Because of the colour of this car it was very hard to capture those paint defects which with the naked eye it was a different story ( what the eye sees the camera doesn't 



























































































Thanks for reading I hope you have enjoyed my write up !

Best Regards

Mario*

*Coming up next Maserati Grand Sport*


----------



## JBirchy (Oct 9, 2010)

Looks fabulous! Love this shape 5-series!


----------



## DMH-01 (Mar 29, 2011)

Cracking job mate.


----------



## ClioToby (Oct 22, 2009)




----------



## Hoppo32 (Nov 18, 2008)

Hi Mario, nothing less than perfection as usual :thumb:
How do you rate the Opti-Coat and was it the V2 version thats easier to use?
I'm very interested in this sealant and reckon it could be very popular soon due to it's durability.


----------



## tonyy (Jul 26, 2008)

Fantastic work..


----------



## Eurogloss (Jan 22, 2008)

JBirchy said:


> Looks fabulous! Love this shape 5-series!


Thanks JBirchy,

Yes, I love this shape as well !

Mario


----------



## Eurogloss (Jan 22, 2008)

DMH-01 said:


> Cracking job mate.


Thanks buddy , much appreciated :thumb:

Mario


----------



## Eurogloss (Jan 22, 2008)

ClioToby said:


>


Couldn't stop laughing enough mate :thumb:
Down Under:lol:
That's a good one 

Mario


----------



## Eurogloss (Jan 22, 2008)

Hoppo32 said:


> Hi Mario, nothing less than perfection as usual :thumb:
> How do you rate the Opti-Coat and was it the V2 version thats easier to use?
> I'm very interested in this sealant and reckon it could be very popular soon due to it's durability.


*
Thanks mate :thumb:

I rate the Opti-Coat very highly this is the Professional version and it needs a lot of training that's because it dries in seconds! It will dry in 30 minutes and if you stuff up you have to remove it by wet sanding or paint correction :wall:

It will bond completely in 12 hours !

It is not a sealant as sealants will wear off this coating won't , it will not wash off with time , it will not delaminate it will add 2 microns to your existing clear coat finish , plus scratch resistance of up to 9H !

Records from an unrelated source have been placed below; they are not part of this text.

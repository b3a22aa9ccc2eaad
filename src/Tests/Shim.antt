-- ===== src/Tests/Shim.antt =====
-- The task service of crates/containerd-shim-wasm/src/sandbox/shim over the runtime of the fixture.
use containerd_wasm.Base.{
  ℕ, Text, codes, ◌≡◌, ◌≤◌, ◌≢◌, refl, inl, ◌⊎◌, ◌↔◌, Option, none, some, List, [], ◌∷◌, true,
  false, ok, err, panic, text_eq,
}
use containerd_wasm.Base.Dict
use containerd_wasm.Sandbox.Error.{Error, failed_precondition}
use containerd_wasm.Sandbox.Oci
use containerd_wasm.Sandbox.Config
use containerd_wasm.Shim.TaskState.{
  TaskState, created, started, exited, apply, apply_diagram, Edge, kills,
}
use containerd_wasm.Shim.InstanceData.{InstanceData}
use containerd_wasm.Shim.InstanceData
use containerd_wasm.Shim.InstanceData.Lifecycle
use containerd_wasm.Shim.InstanceData.Lifecycle.{
  after_all-IsValid, after_all-HasEnded, after_all, HasEnded,
}
use containerd_wasm.Shim.Api.{
  CreateTaskRequest, ExecRequest, Request, Response, Event, to_timestamp,
}
use containerd_wasm.Shim.Local.{
  Host, Local, wait_thread, new, task_create, task_delete, task_start, get_instance, shutdown,
  handle, prepare,
}
use containerd_wasm.Shim.Local.Create.{
  IsRegistered, IsUntouched, task_create-ok, task_create-err, task_create-no_prestart,
}
use containerd_wasm.Shim.Local.Answers.{task_delete-gone}
use containerd_wasm.Shim.Local.Steps.{Action, requests, resumes, elsewhere, step, run}
use containerd_wasm.Shim.Local.Valid.{IsValid}
use containerd_wasm.Shim.Local.Invariant.{run-IsValid}
use containerd_wasm.Shim.Local.Counts.{sum, exits, starts, waits}
use containerd_wasm.Shim.Local.Once.{exits-starts, exits-waits}
use containerd_wasm.Shim.Local.Frame.{IsAt, handle_frame}
use containerd_wasm.Shim.Cli.{get_mem, mem_line, strip_prefix, trim_start}
use containerd_wasm.Base.{split, parse_nat}
use containerd_wasm.Sandbox.Instance.{Exit}
use containerd_wasm.Shim.Local.{Host}
use containerd_wasm.Base.{unwrap_or, map_some, ◌+◌, arith}
use containerd_wasm.Tests.Fixture.{noon, World, host, runtime, plain_spec}

abbrev pub web : CreateTaskRequest
web = record {
  id = codes "web";
  bundle = codes "/run/web";
  rootfs = [];
  terminal = false;
  stdin = [];
  stdout = codes "/out";
  stderr = [];
  checkpoint = [];
  parent_checkpoint = [];
}

abbrev pub at_web : ExecRequest
at_web = record { id = codes "web"; exec_id = [] }

abbrev pub idle : Local World ℕ
idle = record {
  world = none;
  heap = [];
  instances = [];
  events = [];
  waiters = [];
  exit_signalled = false;
  namespace = codes "k8s.io";
  containerd_address = codes "/run/containerd.sock";
}

abbrev pub task : TaskState → Option ℕ → InstanceData ℕ
task s p = record {
  instance = 7;
  cfg = record {
    stdin = [];
    stdout = codes "/out";
    stderr = [];
    bundle = codes "/run/web";
    namespace = codes "k8s.io";
    containerd_address = codes "/run/containerd.sock";
  };
  pid = p;
  state = s;
  poisoned = false;
}

abbrev pub busy : TaskState → Option ℕ → Local World ℕ
busy s p = record idle { heap = task s p ∷ []; instances = (codes "web", 0) ∷ [] }

-- create, start, the process exits with code 3, the waiting thread reports it, delete, shutdown.
abbrev whole_life : List (Action World)
whole_life =
    requests (Request.create web)
    ∷ requests (Request.start at_web)
    ∷ requests (Request.delete at_web)
    ∷ elsewhere (some 3)
    ∷ resumes 0
    ∷ requests (Request.delete at_web)
    ∷ requests Request.shutdown
    ∷ []

whole_life_events :
    let l = run host whole_life idle in
    (l.events
      ≡ Event.task_create (codes "web") (codes "/run/web") [] [] (codes "/out") []
        ∷ Event.task_start (codes "web") 42
        ∷ Event.task_exit
            (codes "web")
            3
            (some (record { seconds = 43200; nanos = 5 }))
            42
            (codes "web")
        ∷ Event.task_delete (codes "web") 42 3 (some (record { seconds = 43200; nanos = 5 }))
        ∷ [])
    × (l.instances ≡ [])
    × (l.exit_signalled ≡ true)
unfolding run step handle task_create prepare Oci.setup_prestart_hooks task_start task_delete
    shutdown wait_thread InstanceData.start InstanceData.wait InstanceData.delete
    InstanceData.wait_timeout Dict.get Dict.put Dict.remove text_eq to_timestamp
whole_life_events = (refl, refl, refl)

run-IsValid_example : IsValid (run host whole_life (new none (codes "k8s.io") (codes "a")))
run-IsValid_example = run-IsValid host whole_life none (codes "k8s.io") (codes "a")

exits-starts_example :
    sum
      (exits (codes "web") 42)
      (run host whole_life (new none (codes "k8s.io") (codes "a"))).events
    ≤ sum
        (starts (codes "web") 42)
        (run host whole_life (new none (codes "k8s.io") (codes "a"))).events
exits-starts_example =
    exits-starts host whole_life none (codes "k8s.io") (codes "a") (codes "web") 42

-- As `host`, where a wait without a timeout ends with the exit.
abbrev ended : Option ℕ → World → Option Exit
ended none w = some (unwrap_or w 0, noon)
ended (some t) w = map_some (λ code. (code, noon)) w

abbrev steady : Host World ℕ
steady = record host { runtime = record runtime { wait_timeout = λ i t w. (w, ended t w) } }

exits-waits_example :
    sum
        (exits (codes "web") 42)
        (run steady whole_life (new none (codes "k8s.io") (codes "a"))).events
      + sum
          (waits (codes "web") 42)
          (run steady whole_life (new none (codes "k8s.io") (codes "a"))).waiters
    ≡ sum
        (starts (codes "web") 42)
        (run steady whole_life (new none (codes "k8s.io") (codes "a"))).events
exits-waits_example =
    exits-waits steady (λ w. refl) (λ i w e. ground arith)
      (record {
        start = λ i w e. ground arith;
        kill = λ i signal w e. ground arith;
        delete = λ i w e. ground arith;
      })
      whole_life none (codes "k8s.io") (codes "a") (codes "web") 42

task_create-ok_example : IsRegistered web idle (task_create host web idle).0
task_create-ok_example =
    task_create-ok host web idle {r = Response.created 100}
      (unfold task_create prepare Dict.get Oci.setup_prestart_hooks in refl)

abbrev console : CreateTaskRequest
console = record web { terminal = true }

task_create-err_example :
    IsUntouched idle (task_create host console idle).0
    ⊎ (IsRegistered console idle (task_create host console idle).0
        × ((spec : Oci.Spec) × (w : World) × ((Oci.setup_prestart_hooks host.processes spec.hooks
                w).1
              ≡ err (Error.invalid_argument (codes "terminal is not supported")))))
task_create-err_example = task_create-err host console idle (unfold task_create prepare in refl)

-- A spec with hooks of other kinds only.
abbrev other_hooks : Oci.Hooks
other_hooks = record { prestart = none }

abbrev spec_with_other_hooks : Oci.Spec
spec_with_other_hooks = record plain_spec { hooks = some other_hooks }

abbrev host' : Host World ℕ
host' = record host { spec_load = λ path w. ok spec_with_other_hooks }

task_create-no_prestart_example :
    IsRegistered web idle (task_create host' web idle).0 × ((task_create host' web idle).1 ≡ panic)
task_create-no_prestart_example =
    task_create-no_prestart host' web idle spec_with_other_hooks other_hooks 7
      (unfold prepare Dict.get in refl) refl refl refl

task_delete-gone_example :
    let l' = (task_delete host at_web (busy exited (some 42))).0 in
    ((get_instance (codes "web") l').1 ≡ err (Error.not_found (codes "web")))
    × (text_eq (codes "web") (codes "db") ≡ false
        → Dict.get (codes "db") l'.instances
          ≡ Dict.get (codes "db") (busy exited (some 42)).instances)
task_delete-gone_example =
    task_delete-gone host at_web (busy exited (some 42)) {r = Response.deleted 42 0 none}
      (codes "db")
      (unfold task_delete InstanceData.delete InstanceData.wait_timeout Dict.get text_eq in refl)

abbrev calls : List Lifecycle.Call
calls = Lifecycle.starts ∷ Lifecycle.deletes ∷ Lifecycle.waits_for (some 0) ∷ []

after_all-IsValid_example : Lifecycle.IsValid (after_all runtime calls (none, task created none)).1
after_all-IsValid_example =
    after_all-IsValid runtime calls none (task created none) (λ i v. λ e. cc)
      (record {
        not_starting = λ e. cc;
        created_without_pid = λ e. refl;
        started_with_pid = λ e. cc;
      })

after_all-HasEnded_example :
    HasEnded (after_all runtime calls (none, task exited (some 42))).1.state
    × ((after_all runtime calls (none, task exited (some 42))).1.pid ≡ some 42)
after_all-HasEnded_example =
    after_all-HasEnded runtime calls none (task exited (some 42)) (inl refl)

apply_diagram_example :
    ((apply kills exited ≡ (started, ok tt)) ↔ Edge exited kills started)
    × ((apply kills exited).1 ≢ ok tt
        → ((apply kills exited).0 ≡ exited)
          × ((text : Text) × ((apply kills exited).1 ≡ err (failed_precondition text))))
apply_diagram_example = apply_diagram exited started kills

abbrev with_web : Local World ℕ
with_web =
    run host (requests (Request.create web) ∷ [])
      (new none (codes "k8s.io") (codes "/run/containerd.sock"))

abbrev pub at_db : ExecRequest
at_db = record { id = codes "db"; exec_id = [] }

handle_frame_example :
    IsAt (handle host (Request.delete at_db) with_web).0 (codes "web") 0 (task created none)
unfolding Oci.setup_prestart_hooks Config.set_stderr Config.set_stdout Config.set_stdin
    Config.set_bundle
handle_frame_example =
    handle_frame host (Request.delete at_db) with_web (codes "web") 0 (task created none)
      (run-IsValid host (requests (Request.create web) ∷ []) none (codes "k8s.io")
        (codes "/run/containerd.sock"))
      (λ e. cc)
      (unfold run step handle new task_create prepare Dict.get Dict.put text_eq in (refl, refl))

-- A status of a process, with the peaks in any order.
get_mem_run :
    get_mem (λ path. some (codes "Name:\tshim\nVmHWM:\t  12 kB\nVmPeak:\t 345 kB\n")) 7
    ≡ ok (12, 345)
unfolding get_mem mem_line strip_prefix trim_start split parse_nat
get_mem_run = refl
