-- ===== src/Tests/Services.antt =====
-- The task service of crates/containerd-shim-wasm/src/sandbox/shim seen from outside, and under
-- creates that run at the same time.
use containerd_wasm.Base.{
  zero, suc, get_elem?, Bool-cases, inr, ap, fun_ext, length, ◌<◌, arith, text_eq_iff, ℕ, Text,
  codes, ◌≡◌, ◌≢◌, refl, inl, none, some, List, [], ◌∷◌, ok, text_eq,
}
use containerd_wasm.Base.Dict
use containerd_wasm.Shim.TaskState.{started, exited}
use containerd_wasm.Shim.InstanceData.{InstanceData}
use containerd_wasm.Shim.Api.{CreateTaskRequest, Request, Response}
use containerd_wasm.Shim.Local.{Local, handle, prepare, instance_config}
use containerd_wasm.Shim.Local.Create.{announcement}
use containerd_wasm.Shim.Local.Steps.{serve}
use containerd_wasm.Shim.Local.Races.{
  asks, checked, answered, Race, advance, Reach, start, later, HasTask, AreApart, asking,
}
use containerd_wasm.Shim.Local.Races.Sound.{reach-HasTask}
use containerd_wasm.Shim.Local.Races.Lost.{task_create_lost}
use containerd_wasm.Shim.Local.Registry
use containerd_wasm.Shim.Local.Registry.{view}
use containerd_wasm.Shim.Local.Registry.Refinement.{serve-view}
use containerd_wasm.Shim.Local.Valid.{IsValid}
use containerd_wasm.Tests.Fixture.{World, host, plain_spec}
use containerd_wasm.Tests.Shim.{web, at_web, idle, task, busy, at_db}

-- The same task, at another place of the heap.
abbrev elsewhere_on_heap : Local World ℕ
elsewhere_on_heap = record idle {
  heap = task exited (some 9) ∷ task started (some 42) ∷ [];
  instances = (codes "web", 1) ∷ [];
}

one_task-IsValid :
    (heap : List (InstanceData ℕ)) (h : ℕ)
    → h < length heap
    → IsValid (record idle { heap = heap; instances = (codes "web", h) ∷ [] })
unfolding Dict.get
one_task-IsValid heap h bound = record {
  mapped = λ id k e. ground (arith, text_eq_iff (codes "web") id);
  distinct =
      λ id id' k e f. ground (arith, text_eq_iff (codes "web") id, text_eq_iff (codes "web") id');
  waiting = λ w m. elim m [ ];
  exits = λ id id' status p t m. elim m [ ];
}

abbrev questions : List Request
questions = Request.state at_web ∷ Request.delete at_db ∷ Request.delete at_web ∷ []

serve-view_example :
    let l = busy started (some 42) in
    ((serve (handle host) questions l).1 ≡ (serve (Registry.handle host) questions (view l)).1)
    × (view (serve (handle host) questions l).0
        ≡ (serve (Registry.handle host) questions (view l)).0)
serve-view_example =
    serve-view host questions (busy started (some 42)) (one_task-IsValid _ 0 (omega arith))

seen_alike : view (busy started (some 42)) ≡ view elsewhere_on_heap
unfolding view Dict.get
seen_alike =
    ap
      (λ t. record {
        world = none;
        task = t;
        events = [];
        namespace = codes "k8s.io";
        containerd_address = codes "/run/containerd.sock";
      })
      (fun_ext (λ id. elim (Bool-cases (text_eq (codes "web") id)) [
        | inl e ↦ ground arith
        | inr e ↦ ground arith
      ]))

abbrev db : CreateTaskRequest
db = record web { id = codes "db"; bundle = codes "/run/db" }

apart_pair : (a b : CreateTaskRequest) → a.id ≢ b.id → AreApart (asking idle (a ∷ b ∷ [])).creators
apart_pair a b ne zero zero c c' e f g = refl
apart_pair a b ne zero (suc zero) c c' e f g = absurd (ne (ground arith))
apart_pair a b ne (suc zero) zero c c' e f g = absurd (ne (ground arith))
apart_pair a b ne (suc zero) (suc zero) c c' e f g = refl
apart_pair a b ne (suc (suc i)) j c c' e f g = absurd (ground arith)
apart_pair a b ne zero (suc (suc j)) c c' e f g = absurd (ground arith)
apart_pair a b ne (suc zero) (suc (suc j)) c c' e f g = absurd (ground arith)

idle-IsValid : IsValid idle
unfolding Dict.get
idle-IsValid = record {
  mapped = λ id h e. absurd (ground arith);
  distinct = λ id id' h e f. absurd (ground arith);
  waiting = λ w m. elim m [ ];
  exits = λ id id' status p t m. elim m [ ];
}

-- Both threads have checked, then the first has registered.
abbrev half_done : Race World ℕ
half_done =
    advance host 0 (checked web plain_spec)
      (advance host 1 (asks db) (advance host 0 (asks web) (asking idle (web ∷ db ∷ []))))

reach-HasTask_example :
    IsValid half_done.service
    × ((i : ℕ) (req : CreateTaskRequest) (r : Response)
        → get_elem? half_done.creators i ≡ some (answered req (ok r))
        → HasTask (instance_config idle) half_done.service req)
reach-HasTask_example =
    reach-HasTask host (web ∷ db ∷ []) idle idle-IsValid (apart_pair web db (λ e. ground arith)) (
      later 0 (checked web plain_spec) (later 1 (asks db) (later 0 (asks web) start refl) refl)
        (unfold prepare Dict.get in refl))

task_create_lost_example :
    let created = Response.created 100 in
    (t : Race World ℕ) × Reach host (asking idle (web ∷ web ∷ [])) t
    × (t.creators ≡ answered web (ok created) ∷ answered web (ok created) ∷ [])
    × (t.service.events ≡ announcement web ∷ announcement web ∷ [])
    × (Dict.get (codes "web") t.service.instances ≡ some 1)
    × ((id : Text) → Dict.get id t.service.instances ≢ some 0)
task_create_lost_example =
    task_create_lost host web web plain_spec plain_spec idle {i = 7} {j = 7} refl idle-IsValid
      (refl, refl) (unfold prepare Dict.get in refl) (unfold prepare Dict.get in refl) refl refl
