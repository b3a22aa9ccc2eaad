-- ===== src/Tests/Stress.antt =====
-- The stress test of crates/stress-test at concrete inputs.
use mathlib.Core.List.{Perm}
use containerd_wasm.Base.{
  keep, ℕ, zero, suc, Outcome, keep, components, text_eq, ◌+◌, Text, codes, ◌≡◌, ◌≢◌, ◌↔◌, refl,
  none, some, List, [], ◌∷◌, true, false, ok, arith, get_elem?, split,
}
use containerd_wasm.StressTest.{TaskState}
use containerd_wasm.StressTest.Client.{Api, Chunk, append_chunks}
use containerd_wasm.StressTest.Client.Reading.{concat, AreAdjacent, all_ok, append_chunks-concat}
use containerd_wasm.StressTest.Tasks.{Files, Task, life}
use containerd_wasm.StressTest.Mocks.{is_prefix, mount_points, unmount_order, is_below}
use containerd_wasm.StressTest.Unmounts.{IsDescending, unmount_order-IsDescending}
use containerd_wasm.StressTest.Run.{
  setting_up, not_set_up, at_barrier, ready, creating, Run, total, Move, main_arrives, task,
  sets_up, passes, acquires, start, moves, permits,
}
use containerd_wasm.StressTest.Run.Totals.{holds, inside, outside}
use containerd_wasm.StressTest.Run.Fair.{moves_fair}
use containerd_wasm.StressTest.Run.Hang.{moves_hang}
use containerd_wasm.StressTest.Run.Progress.{CanMove, moves_progress}

abbrev two_chunks : List Chunk
two_chunks = record { offset = 0; bytes = 7 ∷ 8 ∷ [] } ∷ record { offset = 2; bytes = 9 ∷ [] } ∷ []

append_chunks-concat_example : (append_chunks (all_ok two_chunks) [] ≡ ok (7 ∷ 8 ∷ 9 ∷ [])) ↔ (
    (cs : List Chunk) × (all_ok two_chunks ≡ all_ok cs)
    × AreAdjacent 0 cs
    × (7 ∷ 8 ∷ 9 ∷ [] ≡ concat cs))
append_chunks-concat_example = append_chunks-concat (all_ok two_chunks) (7 ∷ 8 ∷ 9 ∷ [])

-- Two tasks are set up, meet the main function, and take the only permit in turn.
abbrev meeting : List Move
meeting = task 0 (sets_up true) ∷ main_arrives ∷ task 1 (sets_up true) ∷ []

abbrev met : Run
met = record { phases = at_barrier ∷ at_barrier ∷ []; free = 1; main = true; opened = true }

meeting_run : moves meeting (start 1 2) ≡ some met
unfolding moves start
meeting_run = refl

abbrev working : List Move
working =
    task 0 (sets_up true)
    ∷ main_arrives
    ∷ task 1 (sets_up true)
    ∷ task 0 passes
    ∷ task 1 passes
    ∷ task 0 acquires
    ∷ []

abbrev busy : Run
busy = record { phases = creating ∷ ready ∷ []; free = 0; main = true; opened = true }

moves_fair_example :
    (total holds busy.phases + busy.free ≡ permits 1 2)
    × (busy.opened ≡ false → total inside busy.phases ≡ 0)
    × (busy.opened ≡ true → total outside busy.phases ≡ 0)
moves_fair_example = moves_fair 1 2 working busy (unfold moves start in refl)

abbrev broken : Run
broken = record { phases = not_set_up ∷ setting_up ∷ []; free = 1; main = false; opened = false }

abbrev stuck : Run
stuck = record { phases = not_set_up ∷ at_barrier ∷ []; free = 1; main = true; opened = false }

moves_hang_example : (stuck.opened ≡ false) × (total inside stuck.phases ≡ 0)
moves_hang_example =
    moves_hang 1 2 (task 0 (sets_up false) ∷ []) (task 1 (sets_up true) ∷ main_arrives ∷ []) broken
      stuck 0 (unfold moves start in refl) refl (unfold moves in refl)

both_set_up : (j : ℕ) → get_elem? busy.phases j ≢ some not_set_up
both_set_up zero = λ e. cc
both_set_up (suc zero) = λ e. cc
both_set_up (suc (suc j)) = λ e. cc

moves_progress_example : CanMove busy
moves_progress_example =
    moves_progress 1 2 working busy 1 ready (unfold moves start in refl) refl (omega arith)
      both_set_up refl (λ b e. cc)

abbrev mounts : Text
mounts =
    codes
      "overlay /run/a/rootfs overlay rw 0 0\ntmpfs /run/a/rootfs/tmp tmpfs rw 0 0\nproc /proc proc rw 0 0\n"

unmount_order_run :
    unmount_order (codes "/run/a/rootfs") mounts
    ≡ codes "/run/a/rootfs/tmp" ∷ codes "/run/a/rootfs" ∷ []
unfolding unmount_order keep split is_prefix components text_eq
unmount_order_run = refl

unmount_order-IsDescending_example :
    IsDescending (unmount_order (codes "/run/a/rootfs") mounts)
    × Perm
        (unmount_order (codes "/run/a/rootfs") mounts)
        (keep (λ p. is_below (codes "/run/a/rootfs") p) (mount_points (split b'\n' mounts)))
unmount_order-IsDescending_example = unmount_order-IsDescending (codes "/run/a/rootfs") mounts

-- The world is the number of requests.
abbrev counted : ℕ → ℕ × Outcome Text (Unit {0})
counted w = (w + 1, ok tt)

abbrev api : Api ℕ
api = record {
  connect = λ socket. counted;
  parses = λ t. true;
  now = λ w. 0;
  format_rfc3339 = λ t. codes "2024";
  lease_create = λ m labels w. (w + 1, ok (some (codes "lease")));
  lease_delete = λ m id sync. counted;
  read = λ m digest w. (w, ok []);
  image_get = λ m name w. (w, ok none);
  parse_manifest = λ bytes. ok (codes "config");
  parse_config = λ bytes. ok (record { diff_ids = []; config = none });
  spec_to_vec = λ spec. [];
  prepare = λ m key parent snapshotter w. (w, ok []);
  container_create = λ m c. counted;
  container_delete = λ m id. counted;
  task_create = λ m id mounts stdout. counted;
  task_start = λ m id. counted;
  task_wait = λ m id. counted;
  task_kill = λ m id signal all. counted;
  task_delete = λ m id. counted;
}

abbrev files : Files ℕ
files = record {
  canonicalize = λ p w. (w, ok p);
  symlink = λ original link. counted;
  remove_file = λ p. counted;
}

abbrev echo : Task
echo = record {
  containerd = record { namespace = codes "default"; lease = codes "lease" };
  runtime = codes "io.containerd.runwasi7.v1";
  id = codes "task";
  image = codes "demo";
  mounts = [];
  spec = record {
    version = codes "1.1.0";
    process = record { args = codes "echo" ∷ []; cwd = codes "/" };
    annotations = [];
    root = codes "rootfs";
  };
}

abbrev fresh : TaskState ℕ
fresh = record { world = 0; deleted = false; unmounted = false }

life_run :
    life api files 7 echo false fresh
    ≡ (record { world = 7; deleted = true; unmounted = true }, ok tt)
unfolding life
life_run = refl
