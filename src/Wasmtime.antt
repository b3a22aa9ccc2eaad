-- ===== src/Wasmtime.antt =====
-- crates/containerd-shim-wasmtime/src/instance.rs and WasmBinaryType of
-- crates/containerd-shim-wasm/src/container/wasm.rs.
pub mod Compile
pub mod Execute
pub mod Layers
pub mod Exits
pub mod HttpProxy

The V2 version will give you more work time but it still needs to be removed well otherwise you will end up with uneven coverage and that's why I apply two coats on all the jobs that I do .

An update of my Mercedes Benz 115CDI Vito will follow up shortly .
Sneak preview of my van after one year !









Best Regards

Mario*


----------



## Eurogloss (Jan 22, 2008)

Thanks guys for all your kind comments !

Best Regards

Mario


----------



## spiros (Mar 30, 2010)

Great work Mario as usual.wow did you find the led in white?compared to megahilight?It worth its money?


----------



## Eurogloss (Jan 22, 2008)

spiros said:


> Great work Mario as usual.wow did you find the led in white?compared to megahilight?It worth its money?


*Thanks Spiros ,

The Led is superior IMHO compared to MH Light !
Please read my review to find out more information .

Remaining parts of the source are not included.